[Stored data]
-- ===== src/Orders/Index.antt =====
-- The indexes of the order store: maps from an id to a place in the list of orders.
use swift_bot.Prelude.{
  ℕ, ◌≤◌, ◌<◌, ◌≡◌, ◌⊎◌, inl, inr, String, none, some, List, [], ◌∷◌, ◌++◌, All, All-append,
  All-map, arith, Bool-cases, if◌then◌else◌, Option-cases,
}
use mathlib.Core.Bool.{true, false≢true}
use swift_bot.Qt.Key.{◌==◌, text_key, nat_key}
use swift_bot.Qt.Vector.{list_contains}
use swift_bot.Qt.Map.{Map, lookup, contains, value_or, insert, remove, lookup-insert, lookup-remove}

-- `if ( m.contains( k ) ) m.remove( k )` and `if ( !m.contains( k ) ) m[ k ] = i`
abbrev pub drop_key : String → Map String ℕ → Map String ℕ
drop_key k m = if contains k m then remove k m else m

abbrev pub add_key : String → ℕ → Map String ℕ → Map String ℕ
add_key k i m = if contains k m then m else insert k i m

-- `if ( !updated.contains( i ) ) updated.push_back( i )`
abbrev pub mark_updated : ℕ → List ℕ → List ℕ
mark_updated i us = if list_contains us i then us else us ++ (i ∷ [])

pub lookup-drop_key :
    (a k : String) (m : Map String ℕ)
    → lookup k (drop_key a m) ≡ (if a == k then none else lookup k m)
lookup-drop_key a k m = ground (arith, text_key.beq_iff a k, lookup-remove a k m)

pub lookup-add_key :
    (a k : String) (i : ℕ) (m : Map String ℕ)
    → lookup k (add_key a i m) ≡ (if a == k then some (value_or a i m) else lookup k m)
lookup-add_key a k i m = ground (arith, text_key.beq_iff a k, lookup-insert a k i m)

-- Every index of the map lies below the bound.
abbrev pub Bounded : ℕ → Map String ℕ → Type 0
Bounded n m = (k : String) (i : ℕ) → lookup k m ≡ some i → i < n

-- No key stands in both maps.
abbrev pub Apart : Map String ℕ → Map String ℕ → Type 0
Apart m p = (k : String) → (lookup k m ≡ none) ⊎ (lookup k p ≡ none)

-- Two keys of the map never have the same index.
abbrev pub Injective : Map String ℕ → Type 0
Injective m = (j k : String) (i : ℕ) → lookup j m ≡ some i → lookup k m ≡ some i → j ≡ k

pub Bounded-mono : (m n : ℕ) (p : Map String ℕ) → m ≤ n → Bounded m p → Bounded n p
Bounded-mono m n p h b k i e = let lt = b k i e in omega arith

pub Bounded-insert :
    (n i : ℕ) (a : String) (m : Map String ℕ) → i < n → Bounded n m → Bounded n (insert a i m)
Bounded-insert n i a m h b k j e = ground (arith, lookup-insert a k i m, b k j)

pub Bounded-drop_key :
    (n : ℕ) (a : String) (m : Map String ℕ) → Bounded n m → Bounded n (drop_key a m)
Bounded-drop_key n a m b k j e = ground (arith, lookup-drop_key a k m, b k j)

pub Bounded-add_key :
    (n i : ℕ) (a : String) (m : Map String ℕ) → i < n → Bounded n m → Bounded n (add_key a i m)
Bounded-add_key n i a m h b k j e = ground (arith, lookup-insert a k i m, b k j)

-- The default 0 of a missing key is in range where there is an order at all.
pub value_or-lt : (n : ℕ) (a : String) (m : Map String ℕ) → 0 < n → Bounded n m → value_or a 0 m < n
value_or-lt n a m h b = elim (Option-cases (lookup a m)) [
  | inl e ↦ rw (e, value_or) h
  | inr (i, e) ↦ rw (e, value_or) (b a i e)
]

-- A map that has an entry is bounded by a positive number only.
pub Bounded-contains :
    (n : ℕ) (a : String) (m : Map String ℕ) → contains a m ≡ true → Bounded n m → 0 < n
Bounded-contains n a m h b = elim (Option-cases (lookup a m)) [
  | inl e ↦ absurd (false≢true (rw (e, contains) at h))
  | inr (i, e) ↦ let lt = b a i e in omega arith
]

pub All-mark_updated :
    (n i : ℕ) (us : List ℕ) → i < n → All (λ j. j < n) us → All (λ j. j < n) (mark_updated i us)
All-mark_updated n i us h b = elim (Bool-cases (list_contains us i)) [
  | inl e ↦ rw (e, mark_updated) b
  | inr e ↦ rw (e, mark_updated) (All-append (λ j. j < n) us (i ∷ []) b (h, tt))
]

pub All-lt_mono : (m n : ℕ) (us : List ℕ) → m ≤ n → All (λ j. j < m) us → All (λ j. j < n) us
All-lt_mono m n us h b = All-map us (λ j lt. omega arith) b

pub Apart-move :
    (a : String) (i : ℕ) (m p : Map String ℕ) → Apart m p → Apart (drop_key a m) (insert a i p)
Apart-move a i m p h k = ground (arith, lookup-insert a k i p, lookup-drop_key a k m, h k)

pub Apart-move_add :
    (a : String) (i : ℕ) (m p : Map String ℕ) → Apart m p → Apart (drop_key a m) (add_key a i p)
Apart-move_add a i m p h k = ground (arith, lookup-add_key a k i p, lookup-drop_key a k m, h k)

pub Apart-swap : (m p : Map String ℕ) → Apart m p → Apart p m
Apart-swap m p h k = ground (arith, h k)

pub Injective-insert :
    (n : ℕ) (a : String) (m : Map String ℕ) → Bounded n m → Injective m → Injective (insert a n m)
Injective-insert n a m b inj j k i p q = ground (
  arith,
  lookup-insert a j n m,
  lookup-insert a k n m,
  b j i,
  b k i,
  inj j k i,
  text_key.beq_iff a j,
  text_key.beq_iff a k,
)

pub Apart-remove :
    (a : String) (i : ℕ) (m p : Map String ℕ) → Apart m p → Apart (remove a m) (insert a i p)
Apart-remove a i m p h k = ground (arith, lookup-insert a k i p, lookup-remove a k m, h k)
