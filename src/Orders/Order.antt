-- ===== src/Orders/Order.antt =====
-- `OrdersStorage::prepareOrderData`, `uniTime` and `getLocalIdByRemote`.
use swift_bot.Prelude.{
  ℕ, ◌/◌, ◌≡◌, ◌≢◌, refl, ◌∙◌, String, false, ◌||◌, Option, none, some, List, [], ◌∷◌, ◌++◌, ltb,
  if◌then◌else◌, arith,
}
use swift_bot.Qt.Key.{◌==◌, text_key}
use swift_bot.Qt.Vector.{list_contains}
use swift_bot.Qt.Map.{Map, lookup, contains, insert}
use swift_bot.Qt.Json.{JsonObject, get_text, put_text, lookup-put_text_ne, put_text-ne-nil}
use swift_bot.Double.{Double}

-- What the storage asks of Qt's conversions, the clock, the assets, the arbitrage manager and the
-- database. `uuid_row` is the answer of the query on `orders_uuids`: `none` where it fails, and
-- `some none` where it finds no row.
pub record Env (D : Type 0) : Type 0 where
  pub now : ℕ
  pub to_uint : String → ℕ
  pub to_ulonglong : String → ℕ
  pub to_double : String → D
  pub nat_text : ℕ → String
  pub fixed8 : D → String
  pub double_text : D → String
  pub market_exchange : ℕ → ℕ
  pub market_exchange_name : ℕ → String
  pub exchange_name : ℕ → String
  pub exchange_fee : ℕ → D
  pub window_orders : Map ℕ (List String)
  pub uuid_row : String → Option (Option String)

-- The static cache of local ids, and the rows that were inserted into `orders_uuids`.
pub record Uuids : Type 0 where
  pub cached : Map String String
  pub inserted : List (ℕ × String × String)

unfoldable pub put_missing : String → String → JsonObject → JsonObject
put_missing k s o = if contains k o then o else put_text k s o

module _ {D : Type 0} where
  -- A time stamp that lies ahead of the clock is one in milliseconds.
  unfoldable pub uni_time : Env D → ℕ → String
  uni_time env ts = if ltb env.now ts then env.nat_text (ts / 1000) else env.nat_text ts

  unfoldable pub get_local_id_by_remote : Env D → Uuids → String → ℕ → String × Uuids
  get_local_id_by_remote env u remote exchange = elim (lookup remote u.cached) [
    | some local ↦ (local, u)
    | none ↦ elim (env.uuid_row remote) [
      | none ↦ (remote, u)
      | some row ↦ elim row [
        | some local ↦ (local, record u { cached = insert remote local u.cached })
        | none ↦ (
          remote,
          record u {
            cached = insert remote remote u.cached;
            inserted = u.inserted ++ ((exchange, remote, remote) ∷ []);
          },
        )
      ]
    ]
  ]

  -- The local id is looked up only where the order has none.
  unfoldable pub fill_local_id : Env D → Uuids → ℕ → JsonObject → JsonObject × Uuids
  fill_local_id env u exchange o =
      let (local, u') = get_local_id_by_remote env u (get_text "" "remote_id" o) exchange in
      if contains "local_id" o then (o, u) else (put_text "local_id" local o, u')

  -- The last window that lists one of the two ids wins.
  unfoldable pub link_windows : Env D → Map ℕ (List String) → String → JsonObject → JsonObject
  link_windows env [] local o = o
  link_windows env ((window, ids) ∷ rest) local o = link_windows env rest local (
      if list_contains ids local || list_contains ids (get_text "" "remote_id" o)
      then put_text "arb_window" (env.nat_text window) o
      else o)

  unfoldable pub exchange_of : Env D → JsonObject → ℕ
  exchange_of env o =
      if contains "exchange_id" o
      then env.to_uint (get_text "" "exchange_id" o)
      else env.market_exchange (env.to_uint (get_text "" "market_id" o))

module _ {D : Type 0} ⦃d : Double D⦄ where
  -- The bracketing is the source's: the remainder is priced, not the filled part.
  unfoldable pub price_of : Env D → JsonObject → D
  price_of env o =
      d.sub (env.to_double (get_text "" "amount" o))
        (d.mul (env.to_double (get_text "" "amount_left" o)) (env.to_double (get_text "" "rate" o)))

  unfoldable pub prepare_order_data : Env D → Uuids → JsonObject → JsonObject × Uuids
  unfolding uni_time fill_local_id link_windows put_missing exchange_of price_of
  prepare_order_data env u o =
      let created = uni_time env (env.to_ulonglong (get_text "" "created_at" o)) in
      let stamped = put_text "created_at" created o in
      let exchange = exchange_of env stamped in
      let (named, u') = fill_local_id env u exchange stamped in
      let priced = put_text "price" (env.fixed8 (price_of env named)) named in
      let fee = d.mul (env.to_double (get_text "" "price" priced)) (env.exchange_fee exchange) in
      let linked = link_windows env env.window_orders (get_text "" "local_id" o) priced in
      let placed = put_missing "exchange_id" (env.nat_text exchange) linked in
      let titled = put_missing "exchange_name" (env.exchange_name exchange) placed in
      (put_text "fee" (env.double_text fee) titled, u')

-- The keys that the preparation may write.
abbrev pub Untouched : String → Type 0
Untouched k =
    (("created_at" == k) ≡ false)
    × (("local_id" == k) ≡ false)
    × (("price" == k) ≡ false)
    × (("arb_window" == k) ≡ false)
    × (("exchange_id" == k) ≡ false)
    × (("exchange_name" == k) ≡ false)
    × (("fee" == k) ≡ false)

module _ {D : Type 0} where
  lookup-fill_local_id :
      (env : Env D) (u : Uuids) (x : ℕ) (o : JsonObject) (k : String)
      → ("local_id" == k) ≡ false
      → lookup k (fill_local_id env u x o).0 ≡ lookup k o
  unfolding fill_local_id
  lookup-fill_local_id env u x o k h = ground (
    arith,
    lookup-put_text_ne "local_id" k (get_local_id_by_remote env u (get_text "" "remote_id" o) x).0
        o,
  )

  lookup-link_windows :
      (env : Env D) (ws : Map ℕ (List String)) (local : String) (o : JsonObject) (k : String)
      → ("arb_window" == k) ≡ false
      → lookup k (link_windows env ws local o) ≡ lookup k o
  unfolding link_windows
  lookup-link_windows env [] local o k h = refl
  lookup-link_windows env ((w, ids) ∷ ws) local o k h =
      lookup-link_windows env ws local _ k h
      ∙ ground (arith, lookup-put_text_ne "arb_window" k (env.nat_text w) o)

lookup-put_missing :
    (j s : String) (o : JsonObject) (k : String)
    → (j == k) ≡ false
    → lookup k (put_missing j s o) ≡ lookup k o
unfolding put_missing
lookup-put_missing j s o k h = ground (arith, lookup-put_text_ne j k s o)

module _ {D : Type 0} ⦃d : Double D⦄ where
  -- Every other key of an order keeps its value.
  pub lookup-prepare :
      (env : Env D) (u : Uuids) (o : JsonObject) (k : String)
      → Untouched k
      → lookup k (prepare_order_data env u o).0 ≡ lookup k o
  unfolding prepare_order_data
  lookup-prepare env u o k (hc, hl, hp, ha, hi, hn, hf) =
      lookup-put_text_ne "fee" k _ _ hf
      ∙ lookup-put_missing "exchange_name" _ _ k hn
      ∙ lookup-put_missing "exchange_id" _ _ k hi
      ∙ lookup-link_windows env env.window_orders _ _ k ha
      ∙ lookup-put_text_ne "price" k _ _ hp
      ∙ lookup-fill_local_id env u _ _ k hl
      ∙ lookup-put_text_ne "created_at" k _ o hc

  -- So the text that stands there reads the same before and after.
  pub get_text-prepare :
      (env : Env D) (u : Uuids) (o : JsonObject) (fallback k : String)
      → Untouched k
      → get_text fallback k (prepare_order_data env u o).0 ≡ get_text fallback k o
  unfolding get_text
  get_text-prepare env u o fallback k h = rw (lookup-prepare env u o k h)

  -- A prepared order is never the empty object: it has a fee.
  pub prepare-ne-nil :
      (env : Env D) (u : Uuids) (o : JsonObject) → (prepare_order_data env u o).0 ≢ []
  unfolding prepare_order_data
  prepare-ne-nil env u o h = put_text-ne-nil "fee" _ _ h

§ **Your instructions**
Could you please retype the lines from the start of the data through the line with "( m.contains( k", both included, and nothing else?

§ **Task result**
-- ===== src/Orders/Index.antt =====
-- The indexes of the order store: maps from an id to a place in the list of orders.
use swift_bot.Prelude.{
  ℕ, ◌≤◌, ◌<◌, ◌≡◌, ◌⊎◌, inl, inr, String, none, some, List, [], ◌∷◌, ◌++◌, All, All-append,
  All-map, arith, Bool-cases, if◌then◌else◌, Option-cases,
}
use mathlib.Core.Bool.{true, false≢true}
use swift_bot.Qt.Key.{◌==◌, text_key, nat_key}
use swift_bot.Qt.Vector.{list_contains}
use swift_bot.Qt.Map.{Map, lookup, contains, value_or, insert, remove, lookup-insert, lookup-remove}

-- `if ( m.contains( k ) ) m.remove( k )` and `if ( !m.contains( k ) ) m[ k ] = i`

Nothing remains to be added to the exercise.